Task brief: Look below for the line holding "(row_locked : Uuid → Bool) (until" and the line holding "waiting_row row_locked until". Repeat those two and everything between, exactly.

Supplied entries:
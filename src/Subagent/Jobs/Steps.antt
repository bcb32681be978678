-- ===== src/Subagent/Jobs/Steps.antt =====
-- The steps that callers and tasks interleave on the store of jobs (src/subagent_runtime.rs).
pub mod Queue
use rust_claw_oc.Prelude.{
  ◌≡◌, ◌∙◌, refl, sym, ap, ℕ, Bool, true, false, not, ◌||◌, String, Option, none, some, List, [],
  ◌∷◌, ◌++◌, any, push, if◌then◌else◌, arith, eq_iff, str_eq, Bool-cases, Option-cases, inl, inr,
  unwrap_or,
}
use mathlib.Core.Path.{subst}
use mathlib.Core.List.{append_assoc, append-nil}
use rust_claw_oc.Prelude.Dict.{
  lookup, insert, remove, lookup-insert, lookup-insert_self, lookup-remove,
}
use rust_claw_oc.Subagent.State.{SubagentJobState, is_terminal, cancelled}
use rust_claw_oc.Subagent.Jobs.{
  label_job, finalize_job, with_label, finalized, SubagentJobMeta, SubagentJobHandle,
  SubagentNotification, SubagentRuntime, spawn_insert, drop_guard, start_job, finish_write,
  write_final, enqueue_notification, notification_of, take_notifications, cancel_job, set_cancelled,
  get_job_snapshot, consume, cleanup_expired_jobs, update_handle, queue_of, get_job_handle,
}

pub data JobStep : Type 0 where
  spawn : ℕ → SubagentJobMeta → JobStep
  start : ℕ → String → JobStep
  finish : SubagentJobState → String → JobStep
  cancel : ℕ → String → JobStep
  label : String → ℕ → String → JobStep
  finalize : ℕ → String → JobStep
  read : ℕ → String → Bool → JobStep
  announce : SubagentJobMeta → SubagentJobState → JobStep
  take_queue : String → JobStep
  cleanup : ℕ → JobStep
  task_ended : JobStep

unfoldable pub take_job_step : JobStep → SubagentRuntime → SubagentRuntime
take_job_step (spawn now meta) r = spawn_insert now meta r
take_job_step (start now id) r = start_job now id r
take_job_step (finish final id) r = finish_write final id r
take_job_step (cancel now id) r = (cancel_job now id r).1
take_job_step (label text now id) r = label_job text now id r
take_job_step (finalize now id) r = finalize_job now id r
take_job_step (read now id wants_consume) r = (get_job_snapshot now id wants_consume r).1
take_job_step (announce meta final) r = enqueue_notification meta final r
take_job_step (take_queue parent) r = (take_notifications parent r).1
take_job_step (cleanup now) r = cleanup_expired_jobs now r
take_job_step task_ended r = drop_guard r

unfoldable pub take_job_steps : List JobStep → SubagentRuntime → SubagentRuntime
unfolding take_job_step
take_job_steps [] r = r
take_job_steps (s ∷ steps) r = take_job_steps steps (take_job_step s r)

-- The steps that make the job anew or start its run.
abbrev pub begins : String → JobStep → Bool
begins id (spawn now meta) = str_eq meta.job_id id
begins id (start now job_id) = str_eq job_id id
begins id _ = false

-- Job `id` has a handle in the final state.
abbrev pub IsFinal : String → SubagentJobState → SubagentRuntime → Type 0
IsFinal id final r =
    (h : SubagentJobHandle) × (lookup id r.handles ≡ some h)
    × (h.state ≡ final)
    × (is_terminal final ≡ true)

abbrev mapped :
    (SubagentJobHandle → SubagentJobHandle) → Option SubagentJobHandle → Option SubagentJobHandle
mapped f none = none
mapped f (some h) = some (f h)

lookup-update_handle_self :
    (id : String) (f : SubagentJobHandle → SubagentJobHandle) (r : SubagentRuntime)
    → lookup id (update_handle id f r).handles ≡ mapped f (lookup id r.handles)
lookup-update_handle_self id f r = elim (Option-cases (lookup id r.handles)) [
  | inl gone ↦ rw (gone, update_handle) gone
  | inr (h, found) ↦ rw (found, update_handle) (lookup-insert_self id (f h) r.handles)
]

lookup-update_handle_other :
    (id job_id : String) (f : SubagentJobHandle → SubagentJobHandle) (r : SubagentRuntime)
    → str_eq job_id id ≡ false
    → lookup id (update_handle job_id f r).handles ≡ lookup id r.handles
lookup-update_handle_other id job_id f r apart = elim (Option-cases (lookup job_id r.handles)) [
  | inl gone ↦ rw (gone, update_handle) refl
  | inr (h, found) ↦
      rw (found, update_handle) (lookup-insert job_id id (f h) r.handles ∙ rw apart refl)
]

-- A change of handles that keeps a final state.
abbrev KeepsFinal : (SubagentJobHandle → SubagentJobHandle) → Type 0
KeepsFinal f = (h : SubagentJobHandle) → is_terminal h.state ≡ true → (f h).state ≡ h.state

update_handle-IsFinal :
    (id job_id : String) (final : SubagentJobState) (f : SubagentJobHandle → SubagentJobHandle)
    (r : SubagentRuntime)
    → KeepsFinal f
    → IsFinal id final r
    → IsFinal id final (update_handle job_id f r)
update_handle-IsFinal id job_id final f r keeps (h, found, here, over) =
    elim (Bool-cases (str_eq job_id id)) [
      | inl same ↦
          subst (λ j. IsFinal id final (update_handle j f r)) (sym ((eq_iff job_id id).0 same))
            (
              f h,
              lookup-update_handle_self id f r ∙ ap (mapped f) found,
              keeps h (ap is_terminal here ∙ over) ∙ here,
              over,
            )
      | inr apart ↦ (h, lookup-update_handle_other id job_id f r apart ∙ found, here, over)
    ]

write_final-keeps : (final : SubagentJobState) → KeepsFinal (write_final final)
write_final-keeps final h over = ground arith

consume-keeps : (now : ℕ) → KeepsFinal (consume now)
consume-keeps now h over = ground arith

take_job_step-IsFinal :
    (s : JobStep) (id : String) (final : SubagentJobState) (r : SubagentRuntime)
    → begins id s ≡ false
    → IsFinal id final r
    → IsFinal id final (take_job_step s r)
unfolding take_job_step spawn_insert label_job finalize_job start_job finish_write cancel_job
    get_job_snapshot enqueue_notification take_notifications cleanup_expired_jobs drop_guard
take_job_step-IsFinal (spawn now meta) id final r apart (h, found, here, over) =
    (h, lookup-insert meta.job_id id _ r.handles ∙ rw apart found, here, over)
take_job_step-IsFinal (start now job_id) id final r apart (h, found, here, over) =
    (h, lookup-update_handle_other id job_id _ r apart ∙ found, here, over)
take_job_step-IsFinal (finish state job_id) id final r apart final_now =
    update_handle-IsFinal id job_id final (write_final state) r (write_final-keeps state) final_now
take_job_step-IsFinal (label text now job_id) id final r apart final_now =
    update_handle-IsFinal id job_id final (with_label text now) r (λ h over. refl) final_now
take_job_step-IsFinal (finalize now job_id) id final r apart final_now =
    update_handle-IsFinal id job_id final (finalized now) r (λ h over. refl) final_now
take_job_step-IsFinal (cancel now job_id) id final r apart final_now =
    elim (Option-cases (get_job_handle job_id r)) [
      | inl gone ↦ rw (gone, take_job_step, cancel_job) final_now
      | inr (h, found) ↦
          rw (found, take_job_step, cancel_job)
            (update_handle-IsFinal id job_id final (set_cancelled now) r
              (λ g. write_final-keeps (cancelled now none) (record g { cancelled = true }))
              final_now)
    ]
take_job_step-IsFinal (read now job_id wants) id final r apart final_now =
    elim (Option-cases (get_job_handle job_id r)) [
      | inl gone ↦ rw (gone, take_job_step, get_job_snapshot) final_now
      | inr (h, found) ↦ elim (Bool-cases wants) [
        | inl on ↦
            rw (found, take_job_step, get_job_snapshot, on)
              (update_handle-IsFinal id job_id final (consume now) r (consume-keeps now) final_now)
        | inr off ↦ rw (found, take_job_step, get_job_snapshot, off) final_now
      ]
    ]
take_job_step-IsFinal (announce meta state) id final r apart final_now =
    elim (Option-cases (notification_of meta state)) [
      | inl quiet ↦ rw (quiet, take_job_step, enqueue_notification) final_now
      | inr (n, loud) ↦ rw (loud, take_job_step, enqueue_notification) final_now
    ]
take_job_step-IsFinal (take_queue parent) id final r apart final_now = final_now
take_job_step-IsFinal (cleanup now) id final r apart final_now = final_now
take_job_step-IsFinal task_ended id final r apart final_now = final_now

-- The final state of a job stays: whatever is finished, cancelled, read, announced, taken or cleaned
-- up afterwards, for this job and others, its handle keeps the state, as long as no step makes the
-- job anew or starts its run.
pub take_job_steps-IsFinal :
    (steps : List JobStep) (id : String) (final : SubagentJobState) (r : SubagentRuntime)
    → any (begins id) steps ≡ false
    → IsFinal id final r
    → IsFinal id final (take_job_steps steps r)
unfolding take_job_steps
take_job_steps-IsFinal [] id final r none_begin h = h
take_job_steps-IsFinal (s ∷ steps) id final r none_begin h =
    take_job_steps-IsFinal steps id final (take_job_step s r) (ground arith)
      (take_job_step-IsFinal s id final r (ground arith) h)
...
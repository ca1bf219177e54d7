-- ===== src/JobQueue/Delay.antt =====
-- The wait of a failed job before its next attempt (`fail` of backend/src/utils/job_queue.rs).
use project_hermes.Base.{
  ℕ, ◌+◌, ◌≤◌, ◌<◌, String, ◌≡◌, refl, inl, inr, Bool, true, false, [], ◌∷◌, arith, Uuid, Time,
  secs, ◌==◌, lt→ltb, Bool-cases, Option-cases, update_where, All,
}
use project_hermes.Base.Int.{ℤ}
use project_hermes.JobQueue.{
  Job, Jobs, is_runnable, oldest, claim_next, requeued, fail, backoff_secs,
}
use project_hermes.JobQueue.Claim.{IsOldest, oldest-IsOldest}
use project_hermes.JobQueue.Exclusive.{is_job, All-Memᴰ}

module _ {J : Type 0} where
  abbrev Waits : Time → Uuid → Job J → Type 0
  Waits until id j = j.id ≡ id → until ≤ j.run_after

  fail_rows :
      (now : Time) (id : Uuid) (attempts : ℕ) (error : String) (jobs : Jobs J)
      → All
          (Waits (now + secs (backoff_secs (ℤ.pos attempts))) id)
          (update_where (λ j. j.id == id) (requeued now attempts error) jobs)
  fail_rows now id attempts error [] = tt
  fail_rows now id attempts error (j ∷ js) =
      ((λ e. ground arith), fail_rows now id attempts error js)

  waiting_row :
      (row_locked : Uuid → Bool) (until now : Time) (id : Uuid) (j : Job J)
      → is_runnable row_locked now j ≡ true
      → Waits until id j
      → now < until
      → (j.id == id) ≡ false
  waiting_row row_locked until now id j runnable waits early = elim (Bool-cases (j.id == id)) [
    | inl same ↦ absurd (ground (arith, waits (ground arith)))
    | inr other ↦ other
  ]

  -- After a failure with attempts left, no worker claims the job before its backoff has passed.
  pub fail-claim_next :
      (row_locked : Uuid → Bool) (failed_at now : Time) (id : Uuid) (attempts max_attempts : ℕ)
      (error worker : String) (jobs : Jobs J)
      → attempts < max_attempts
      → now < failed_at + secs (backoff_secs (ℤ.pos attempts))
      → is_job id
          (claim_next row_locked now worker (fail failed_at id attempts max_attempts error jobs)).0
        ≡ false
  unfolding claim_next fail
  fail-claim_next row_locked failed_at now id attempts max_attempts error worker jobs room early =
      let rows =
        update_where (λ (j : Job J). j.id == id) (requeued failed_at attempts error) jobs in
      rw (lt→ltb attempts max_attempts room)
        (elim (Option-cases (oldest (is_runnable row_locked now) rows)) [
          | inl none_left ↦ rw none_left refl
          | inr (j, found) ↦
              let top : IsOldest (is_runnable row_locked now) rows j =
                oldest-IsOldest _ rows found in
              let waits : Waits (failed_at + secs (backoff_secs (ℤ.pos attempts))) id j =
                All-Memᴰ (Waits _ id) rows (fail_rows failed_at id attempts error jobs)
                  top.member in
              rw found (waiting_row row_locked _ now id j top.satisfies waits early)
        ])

Written response:
      (row_locked : Uuid → Bool) (until now : Time) (id : Uuid) (j : Job J)
      → is_runnable row_locked now j ≡ true
      → Waits until id j
      → now < until
      → (j.id == id) ≡ false
  waiting_row row_locked until now id j runnable waits early = elim (Bool-cases (j.id == id)) [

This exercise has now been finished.